▸ **Work request**: The answer should consist of each line from the data below that includes "than".

+ + + + + + +

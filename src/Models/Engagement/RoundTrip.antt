-- ===== src/Models/Engagement/RoundTrip.antt =====
-- What JSON makes of a configuration's dictionary, and its reading.
use nighwatch.Common.{
  ℕ, zero, suc, ◌≤◌, String, false, Option, none, some, List, [], ◌∷◌, ◌≡◌, ◌≢◌, refl, arith, All,
  Memᴰ, ok, err, ◌==◌, eq_iff, map,
}
use nighwatch.Python.Int.{pos}
use nighwatch.Python.Json.{arr, items, fields, as_json, as_items, as_fields}
use nighwatch.Python.Runtime.{Runtime}
use nighwatch.Python.Str.{strip}
use nighwatch.Models.Policy.{ActionPolicy, ActiveTestingPolicy, RateLimits}
use nighwatch.Models.Config.{
  ScopeOrigin, EngagementConfig, origin_dict, actions_dict, active_dict, limits_dict, to_dict,
  optional_str,
}
use nighwatch.Models.FromDict.{
  get, strict_bool, within, checked_within, int_or, float_or, dict_or_empty, kill_switch_path,
  active_testing_from_dict,
}
use nighwatch.Models.FromDict.Laws.{action_policy-actions_dict}
use nighwatch.Models.Origin.{host_of, positive, limits_from_dict}
use nighwatch.Models.Origin.Laws.{IsLimits}
use nighwatch.Models.Engagement.{
  hosts_from, artifact_from, config_from_fields, config_from_dict, origin_items, network_fields,
}
use nighwatch.Models.Origin.RoundTrip.{
  as_items-strs, IsTrim, stripped_trim, IsNormalHost, IsNormalOrigin, strs_text, origins_round_trip,
  no_ports, tuple_origins_refused,
}

module _ (R : Runtime) where
  hosts_round_trip : (hs : List String) → All (IsNormalHost R) hs → hosts_from R hs ≡ ok hs
  unfolding hosts_from
  hosts_round_trip [] h = refl
  hosts_round_trip (host ∷ hs) h =
      let read : host_of R host ≡ ok host = ground (arith, h.0) in
      rw (read, hosts_round_trip hs h.1) refl

  positive-pos : (message : String) (n : ℕ) → 1 ≤ n → positive message (pos n) ≡ ok n
  unfolding positive
  positive-pos message zero h = ground (arith, h)
  positive-pos message (suc n) h = refl

  limits_round_trip :
      (l : RateLimits R) → IsLimits R l → limits_from_dict R (limits_dict R l) ≡ ok l
  unfolding limits_from_dict limits_dict fields dict_or_empty float_or int_or get
  limits_round_trip l (rate, requests, concurrent, cost) =
      rw
        (
          rate,
          positive-pos "max_requests must be greater than zero" l.max_requests requests,
          positive-pos "max_concurrent_requests must be greater than zero" l.max_concurrent_requests
              concurrent,
          cost,
        )
        refl

  -- A kill-switch file that reading leaves alone.
  abbrev pub IsKillFile : Option String → Type 0
  IsKillFile none = Unit
  IsKillFile (some s) = IsTrim s

  kill_switch_round_trip :
      (path : Option String)
      → IsKillFile path
      → kill_switch_path R (some (optional_str path)) ≡ ok path
  unfolding kill_switch_path
  kill_switch_round_trip none h = refl
  kill_switch_round_trip (some s) h = ground (arith, h.0, h.1, eq_iff s "")

  checked_within-pos :
      (bound : ℕ) (message : String) (n : ℕ)
      → 1 ≤ n
      → n ≤ bound
      → checked_within bound message (pos n) ≡ ok n
  unfolding within
  checked_within-pos bound message zero h k = ground (arith, h)
  checked_within-pos bound message (suc n) h k = ground (arith, k)

  active_round_trip :
      (p : ActiveTestingPolicy)
      → 1 ≤ p.max_payload_bytes
      → p.max_payload_bytes ≤ 1048576
      → 1 ≤ p.max_cases
      → p.max_cases ≤ 10000
      → IsKillFile p.kill_switch_file
      → active_testing_from_dict R (active_dict p) ≡ ok p
  unfolding active_testing_from_dict active_dict fields dict_or_empty int_or get strict_bool
  active_round_trip p h1 h2 h3 h4 h5 =
      rw
        (
          checked_within-pos 1048576
              "active_testing.max_payload_bytes must be between 1 and 1048576" p.max_payload_bytes
              h1 h2,
          checked_within-pos 10000 "active_testing.max_cases must be between 1 and 10000"
              p.max_cases h3 h4,
          kill_switch_round_trip p.kill_switch_file h5,
        )
        refl

  -- A configuration that reading leaves alone.
  pub record IsNormalConfig (c : EngagementConfig R) : Type 0 where
    pub id : IsTrim c.engagement_id
    pub artifact : IsTrim c.authorization_artifact_id
    pub origins : All (IsNormalOrigin R) c.allowed_origins
    pub some_origin : c.allowed_origins ≢ []
    pub excluded : All (IsNormalHost R) c.excluded_hosts
    pub profiles : All IsTrim c.auth_profiles
    pub limits : IsLimits R c.limits
    pub payload_low : 1 ≤ c.active_testing.max_payload_bytes
    pub payload_high : c.active_testing.max_payload_bytes ≤ 1048576
    pub cases_low : 1 ≤ c.active_testing.max_cases
    pub cases_high : c.active_testing.max_cases ≤ 10000
    pub kill : IsKillFile c.active_testing.kill_switch_file

  origin_items-map :
      (os : List ScopeOrigin)
      → os ≢ []
      → origin_items R (some (arr (as_items (items (map origin_dict os)))))
        ≡ ok (as_items (items (map origin_dict os)))
  unfolding origin_items items as_items
  origin_items-map [] h = absurd (h refl)
  origin_items-map (o ∷ os) h = refl

  trim_not_empty : (s : String) → IsTrim s → (strip s == "") ≡ false
  trim_not_empty s h = ground (arith, h.0, h.1, eq_iff s "")

  as_json-limits : (l : RateLimits R) → as_json (limits_dict R l) ≡ limits_dict R l
  unfolding limits_dict fields as_json as_fields
  as_json-limits l = refl

  as_json-optional_str :
      (s : Option String) → as_json {F = R.Float} (optional_str s) ≡ optional_str s
  unfolding as_json
  as_json-optional_str none = refl
  as_json-optional_str (some s) = refl

  as_json-active : (p : ActiveTestingPolicy) → as_json {F = R.Float} (active_dict p) ≡ active_dict p
  unfolding active_dict fields as_json as_fields
  as_json-active p = rw (as_json-optional_str p.kill_switch_file) refl

  as_json-actions : (p : ActionPolicy) → as_json {F = R.Float} (actions_dict p) ≡ actions_dict p
  unfolding actions_dict fields as_json as_fields
  as_json-actions p = refl

  config_json_round_trip :
      (c : EngagementConfig R)
      → IsNormalConfig c
      → config_from_dict R (as_json (to_dict R c)) ≡ ok c
  unfolding config_from_dict config_from_fields to_dict artifact_from network_fields fields get
      strict_bool as_json as_fields
  config_json_round_trip c h =
      let active =
        active_round_trip c.active_testing h.payload_low h.payload_high h.cases_low h.cases_high
          h.kill in
      rw
        (
          as_items-strs R.Float c.excluded_hosts,
          as_items-strs R.Float c.auth_profiles,
          as_json-limits c.limits,
          as_json-actions c.actions,
          as_json-active c.active_testing,
          trim_not_empty c.engagement_id h.id,
          trim_not_empty c.authorization_artifact_id h.artifact,
          origin_items-map c.allowed_origins h.some_origin,
          strs_text R "excluded_hosts must be a list of strings" [] c.excluded_hosts,
          strs_text R "auth_profiles must be a list of profile identifiers" [] c.auth_profiles,
          origins_round_trip R c.allowed_origins h.origins,
          hosts_round_trip c.excluded_hosts h.excluded,
          limits_round_trip c.limits h.limits,
          action_policy-actions_dict R c.actions,
          active,
          stripped_trim c.auth_profiles h.profiles,
          h.id.0,
          h.artifact.0,
        )
        refl

  config_refused :
      (c : EngagementConfig R) (o : ScopeOrigin) (os : List ScopeOrigin)
      → c.allowed_origins ≡ o ∷ os
      → IsNormalConfig c
      → IsNormalOrigin R o
      → config_from_dict R (to_dict R c) ≡ err (no_ports R o)
  unfolding config_from_dict config_from_fields to_dict artifact_from origin_items fields items get
      strict_bool
  config_refused c o os e h normal =
      rw
        (
          e,
          trim_not_empty c.engagement_id h.id,
          trim_not_empty c.authorization_artifact_id h.artifact,
          strs_text R "excluded_hosts must be a list of strings" [] c.excluded_hosts,
          strs_text R "auth_profiles must be a list of profile identifiers" [] c.auth_profiles,
          tuple_origins_refused R o os normal,
        )
        refl

  first_refused :
      (c : EngagementConfig R) (os : List ScopeOrigin)
      → c.allowed_origins ≡ os
      → All (IsNormalOrigin R) os
      → IsNormalConfig c
      → (o : ScopeOrigin) × Memᴰ o os × (config_from_dict R (to_dict R c) ≡ err (no_ports R o))
  first_refused c [] e origins h = absurd (h.some_origin e)
  first_refused c (o ∷ os) e origins h = (o, Memᴰ.head refl, config_refused c o os e h origins.0)

  -- A configuration in normal form (hosts, schemes, methods, ports and names as reading leaves
  -- them, limits within the bounds) is read back unchanged from what JSON makes of its
  -- dictionary. The dictionary itself is refused, since the ports of an origin in it are a tuple.
  pub config_round_trip :
      (c : EngagementConfig R)
      → IsNormalConfig c
      → (config_from_dict R (as_json (to_dict R c)) ≡ ok c)
        × ((o : ScopeOrigin) × Memᴰ o c.allowed_origins
            × (config_from_dict R (to_dict R c) ≡ err (no_ports R o)))
  config_round_trip c h =
      (config_json_round_trip c h, first_refused c c.allowed_origins refl h.origins h)
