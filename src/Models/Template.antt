-- ===== src/Models/Template.antt =====
-- `template_config` of agentsec/config.py.
use nighwatch.Common.{true, false, [], ◌∷◌}
use nighwatch.Python.Int.{pos}
use nighwatch.Python.Json.{Json, bool, int, float, str, arr, obj, items, fields}
use nighwatch.Python.Runtime.{Runtime}
use nighwatch.Models.Config.{strs, ints}

unfoldable pub template_config : (R : Runtime) → Json R.Float
template_config R = obj (
    fields (
      ("engagement_id", str "eng_local_001")
      ∷ (
        "authorization",
        obj (fields (("artifact_id", str "replace-with-written-authorization-reference") ∷ [])),
      )
      ∷ (
        "allowed_origins",
        arr (
            items (
              obj (
                fields (
                  ("scheme", str "https")
                  ∷ ("host", str "authorized.example.com")
                  ∷ ("ports", ints (443 ∷ []))
                  ∷ ("path_prefixes", strs ("/" ∷ []))
                  ∷ ("methods", strs ("GET" ∷ []))
                  ∷ []))
              ∷ [])),
      )
      ∷ ("excluded_hosts", strs [])
      ∷ ("auth_profiles", strs ("owner_user" ∷ "non_owner_user" ∷ []))
      ∷ (
        "limits",
        obj (
            fields (
              ("requests_per_second", float (R.float 1))
              ∷ ("max_requests", int (pos 100))
              ∷ ("max_concurrent_requests", int (pos 1))
              ∷ ("max_cost_usd", float (R.float 1))
              ∷ [])),
      )
      ∷ (
        "actions",
        obj (
            fields (
              ("read_only", bool true)
              ∷ ("state_mutation", bool false)
              ∷ ("destructive", bool false)
              ∷ ("require_state_change_approval", bool true)
              ∷ ("require_destructive_approval", bool true)
              ∷ [])),
      )
      ∷ ("network", obj (fields (("allow_private_addresses", bool false) ∷ [])))
      ∷ (
        "active_testing",
        obj (
            fields (
              ("enabled", bool false)
              ∷ ("max_payload_bytes", int (pos 8192))
              ∷ ("max_cases", int (pos 25))
              ∷ ("kill_switch_file", str ".nighwatch-kill")
              ∷ [])),
      )
      ∷ []))
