-- ===== src/Ollama.antt =====
-- The client of the local model server: agentsec/llm.py.
pub mod Config
pub mod Client
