-- ===== src/Ollama/Config.antt =====
-- `OllamaConfig` of agentsec/llm.py: what is accepted as the address of the model server.
pub mod Laws
use nighwatch.Common.{
  ℕ, String, ◌<>◌, Bool, true, false, ◌&&◌, ◌||◌, not, Option, none, some, List, [], ◌∷◌, Result,
  ok, err, ◌>>=◌, ◌>>◌, raise_if, is_some, ◌==◌, contains, eqb, if◌then◌else◌,
}
use nighwatch.Python.Int.{ℤ, pos, negsuc}
use nighwatch.Python.Runtime.{Runtime}
use nighwatch.Python.Str.{strip, rstrip_char, lstrip_char}
use nighwatch.Python.Url.{SplitResult, urlsplit, username, password, hostname}
use nighwatch.Models.Scope.{or_empty}

-- `OllamaError`, its subclasses `OllamaConfigError` and `OllamaUnavailable`, or an exception of another kind.
pub data OllamaError : Type 0 where
  failed bad_config unavailable uncaught : String → OllamaError

pub record OllamaConfig (R : Runtime) : Type 0 where
  pub base_url : String
  pub model : String
  pub timeout_seconds : R.Float
  pub temperature : R.Float
  pub max_tokens : ℤ
  pub allow_remote : Bool

abbrev is_positive : ℤ → Bool
is_positive (pos n) = not (eqb n 0)
is_positive (negsuc n) = false

abbrev pub local_hosts : List String
local_hosts = "127.0.0.1" ∷ "localhost" ∷ "::1" ∷ []

-- `os.getenv(name, os.getenv(…, default))`
unfoldable pub getenv_or : (String → Option String) → List String → String → String
getenv_or getenv [] default = default
getenv_or getenv (name ∷ names) default = elim (getenv name) [
  | some v ↦ v
  | none ↦ getenv_or getenv names default
]

abbrev pub timeout_text : (String → Option String) → String
timeout_text getenv =
    getenv_or getenv ("NIGHWATCH_OLLAMA_TIMEOUT_SECONDS" ∷ "AGENTSEC_OLLAMA_TIMEOUT_SECONDS" ∷ [])
      "120.0"

abbrev pub temperature_text : (String → Option String) → String
temperature_text getenv =
    getenv_or getenv ("NIGHWATCH_OLLAMA_TEMPERATURE" ∷ "AGENTSEC_OLLAMA_TEMPERATURE" ∷ []) "0.0"

abbrev pub tokens_text : (String → Option String) → String
tokens_text getenv =
    getenv_or getenv ("NIGHWATCH_OLLAMA_MAX_TOKENS" ∷ "AGENTSEC_OLLAMA_MAX_TOKENS" ∷ []) "2048"

-- A number of the environment, whose `ValueError` is reported.
abbrev pub or_error : {A : Type 0} → Option A → Result OllamaError A
or_error none = err (bad_config "invalid Ollama numeric environment variable")
or_error (some a) = ok a

module _ (R : Runtime) where
  -- The checks of the split base URL.
  unfoldable pub check_base : Bool → SplitResult → Result OllamaError (Unit {0})
  check_base allow_remote parsed = do
    let host = or_empty (hostname R parsed)
    raise_if (not (contains ("http" ∷ "https" ∷ []) parsed.scheme) || host == "")
        (bad_config "Ollama base URL must be an http(s) URL with a hostname")
    raise_if (is_some (username parsed) || is_some (password parsed))
        (bad_config "Ollama base URL must not contain credentials")
    raise_if
        (not (contains ("" ∷ "/" ∷ []) parsed.path)
          || (not (parsed.query == "") || not (parsed.fragment == "")))
        (bad_config "Ollama base URL must point to the server root, not a path or query")
    raise_if (not allow_remote && not (contains local_hosts (R.lower host))) (
        bad_config
          "remote Ollama is disabled by default; use allow_remote only for an explicitly trusted endpoint")

  -- The checks of the other settings, and the configuration that is kept.
  unfoldable pub check_settings : OllamaConfig R → String → Result OllamaError (OllamaConfig R)
  check_settings c base = do
    raise_if (strip c.model == "") (bad_config "Ollama model cannot be empty")
    raise_if (R.float_le c.timeout_seconds (R.float 0))
        (bad_config "Ollama timeout must be greater than zero")
    raise_if (not (is_positive c.max_tokens))
        (bad_config "Ollama max_tokens must be greater than zero")
    raise_if (not (R.float_le (R.float 0) c.temperature && R.float_le c.temperature (R.float 2)))
        (bad_config "Ollama temperature must be between 0 and 2")
    ok (record c { base_url = base })

  -- `OllamaConfig.__post_init__`, which returns the configuration that is kept.
  unfoldable pub post_init : OllamaConfig R → Result OllamaError (OllamaConfig R)
  post_init c =
      let base = rstrip_char b'/' c.base_url in
      elim (urlsplit R base) [
        | err message ↦ err (uncaught message)
        | ok parsed ↦ check_base c.allow_remote parsed >> check_settings c base
      ]

  -- `OllamaConfig.from_env`
  unfoldable pub from_env :
      (String → Option String) → Option String → Result OllamaError (OllamaConfig R)
  unfolding getenv_or
  from_env getenv model_override = do
    let base_url =
        getenv_or getenv
          ("NIGHWATCH_OLLAMA_BASE_URL" ∷ "AGENTSEC_OLLAMA_BASE_URL" ∷ "OLLAMA_BASE_URL" ∷ [])
          "http://127.0.0.1:11434"
    let given = or_empty model_override
    let model =
        if given == ""
        then getenv_or getenv
            ("NIGHWATCH_OLLAMA_MODEL" ∷ "AGENTSEC_OLLAMA_MODEL" ∷ "OLLAMA_MODEL" ∷ []) "gpt-oss:20b"
        else given
    let remote = contains ("1" ∷ "true" ∷ "yes" ∷ []) (
        R.lower (
          getenv_or getenv ("NIGHWATCH_OLLAMA_ALLOW_REMOTE" ∷ "AGENTSEC_OLLAMA_ALLOW_REMOTE" ∷ [])
            ""))
    timeout ← or_error (R.text_float (timeout_text getenv))
    temperature ← or_error (R.text_float (temperature_text getenv))
    max_tokens ← or_error (R.text_int (tokens_text getenv))
    post_init (record {
      base_url = base_url;
      model = model;
      timeout_seconds = timeout;
      temperature = temperature;
      max_tokens = max_tokens;
      allow_remote = remote;
    })

  -- `OllamaConfig.endpoint`
  unfoldable pub endpoint : OllamaConfig R → String → String
  endpoint c path = c.base_url <> "/api/" <> lstrip_char b'/' path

+ + + + + + +

▸ **Response to the exercise**:
          positive-pos "max_requests must be greater than zero" l.max_requests requests,
          positive-pos "max_concurrent_requests must be greater than zero" l.max_concurrent_requests
        (bad_config "Ollama timeout must be greater than zero")
        (bad_config "Ollama max_tokens must be greater than zero")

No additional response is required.